* **Your goal**
When you reach the line containing "other) found, has)" in the records below, start copying exactly, and stop once you have copied the line containing "eq50, low) nothing)".

[Excerpts from a dataset]
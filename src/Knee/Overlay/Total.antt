-- ===== src/Knee/Overlay/Total.antt =====
-- sweep/mkcharts.py: the overlay of the round trips is drawn whatever the latencies are.
use raft_tests.Prelude.{
  ◌≡◌, refl, ◌⊎◌, inl, inr, false, none, some, List, [], ◌∷◌, ◌==◌, String, ok, gather, IsOk,
  from-IsOk, gather-IsOk, Bool-cases, All, weaken_All, string_eq, option_eq, pair_eq, list_eq,
  nat_eq, int_eq, ℤ, pos, ltb_ℤ,
}
use raft_tests.Python.Dict.{Dict, lookup}
use raft_tests.Python.Float.{Float}
use raft_tests.Knee.Rows.{Product, Entry}
use raft_tests.Knee.Clash.{Series}
use raft_tests.Knee.Draw.{Plot, show_latency, axes}
use raft_tests.Knee.Draw.Total.{IsComplete, IsReadable, axes-IsOk}
use raft_tests.Knee.Product.{entries_of}
use raft_tests.Knee.Panels.{rates_of, max_rate, axis_end, axis_step}
use raft_tests.Knee.Panels.Picture.{draw_band_ms}
use raft_tests.Knee.Panels.Total.{
  IsThere, HasAxis, Gives, from-Gives, entries_of_there, rates_of-IsOk, positive_series-IsOk,
  draw_band_ms-IsOk,
}
use raft_tests.Knee.Overlay.{
  entry_at_100k, at_100k, sub_lines, overlay_margin, overlay_plot, overlay_curve, overlay_file,
}

-- The search for the point at 100k returns, and what it finds has the columns.
entry_at_100k-IsOk :
    (es : List Entry)
    → All IsComplete es
    → (entry_at_100k es ≡ ok none) ⊎ ((q : Entry) × (entry_at_100k es ≡ ok (some q)) × IsComplete q)
unfolding entry_at_100k
entry_at_100k-IsOk [] _ = inl refl
entry_at_100k-IsOk (e ∷ es) (((r, eq), a, (v, eq50), l99), rest) =
    elim (Bool-cases (r == pos 100000)) [
      | inr other ↦ elim (entry_at_100k-IsOk es rest) [
        | inl nothing ↦ inl (rw (eq, other) nothing)
        | inr (q, found, has) ↦ inr (q, rw (eq, other) found, has)
      ]
      | inl at ↦ elim (Bool-cases (ltb_ℤ (pos 0) v)) [
        | inl high ↦ inr (e, rw (eq, at, eq50, high) refl, ((r, eq), a, (v, eq50), l99))
        | inr low ↦ elim (entry_at_100k-IsOk es rest) [
          | inl nothing ↦ inl (rw (eq, at, eq50, low) nothing)
          | inr (q, found, has) ↦ inr (q, rw (eq, at, eq50, low) found, has)
        ]
      ]
    ]

at_100k-IsOk : (d : Dict Product (List Entry)) (s : Series) → IsThere d s → IsOk (at_100k d s)
unfolding at_100k
at_100k-IsOk d (name, lab, col) (es, there, complete) =
    from-IsOk (entries_of d name) _ es (entries_of_there d name es there)
      (elim (entry_at_100k-IsOk es complete) [
        | inl nothing ↦ from-IsOk (entry_at_100k es) _ none nothing (_, refl)
        | inr (q, found, (r, a, (v, eq), l99)) ↦
            from-IsOk (entry_at_100k es) _ (some q) found
              (from-IsOk (lookup "p50" q) _ v eq (_, refl))
      ])

curve-IsOk {ℓ} :
    {F : Type ℓ} ⦃f : Float F⦄ (plot : Plot F) (d : Dict Product (List Entry))
    → (plot.xmax == pos 0) ≡ false
    → (s : Series) → IsThere d s
    → IsOk (overlay_curve F plot d s)
unfolding overlay_curve
curve-IsOk plot d h (name, lab, col) (es, there, complete) =
    from-IsOk (entries_of d name) _ es (entries_of_there d name es there) (
      positive_series-IsOk plot h es col "p50"
        (weaken_All IsComplete (IsReadable "p50") es (λ x (r, a, l50, l99). (r, a, l50)) complete))

module _ {ℓ} (F : Type ℓ) ⦃f : Float F⦄ where
  pub overlay_file-IsOk :
      (d : Dict Product (List Entry)) (rt : List Series)
      → All (IsThere d) rt
      → HasAxis F d rt
      → Gives (overlay_file F d rt) "round-trips-p50.svg"
  unfolding overlay_file overlay_plot
  overlay_file-IsOk d rt there axis =
      let (rates, read) = rates_of-IsOk d rt there in
      let (at, found) = gather-IsOk (IsThere d) (at_100k d) rt (at_100k-IsOk d) there in
      let plot =
        overlay_plot F (axis_end F (max_rate rates)) (sub_lines at) (overlay_margin F rt) in
      let (shade, shaded) = draw_band_ms-IsOk plot (axis rates read) in
      let (grid, gridded) =
        axes-IsOk plot (axis_step (axis_end F (max_rate rates))) marks "p50 latency, log scale"
          show_latency (axis rates read) (refl, (refl, (refl, (refl, (refl, (refl, tt)))))) in
      let (curves, curved) =
        gather-IsOk (IsThere d) (overlay_curve F plot d) rt (curve-IsOk plot d (axis rates read))
          there in
      from-Gives (rates_of d rt) _ name rates read (
        from-Gives (gather (at_100k d) rt) _ name at found (
          from-Gives (draw_band_ms plot) _ name shade shaded (
            from-Gives
              (axes plot (axis_step (axis_end F (max_rate rates))) marks "p50 latency, log scale"
                show_latency)
              _ name grid gridded
              (from-Gives (gather (overlay_curve F plot d) rt) _ name curves curved (_, refl)))))
    where
      name : String
      name = "round-trips-p50.svg"

      marks : List ℤ
      marks = pos 1000 ∷ pos 2000 ∷ pos 5000 ∷ pos 10000 ∷ pos 50000 ∷ pos 200000 ∷ []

* **Result of the task**
        | inr (q, found, has) ↦ inr (q, rw (eq, other) found, has)
      ]
      | inl at ↦ elim (Bool-cases (ltb_ℤ (pos 0) v)) [
        | inl high ↦ inr (e, rw (eq, at, eq50, high) refl, ((r, eq), a, (v, eq50), l99))
        | inr low ↦ elim (entry_at_100k-IsOk es rest) [
          | inl nothing ↦ inl (rw (eq, at, eq50, low) nothing)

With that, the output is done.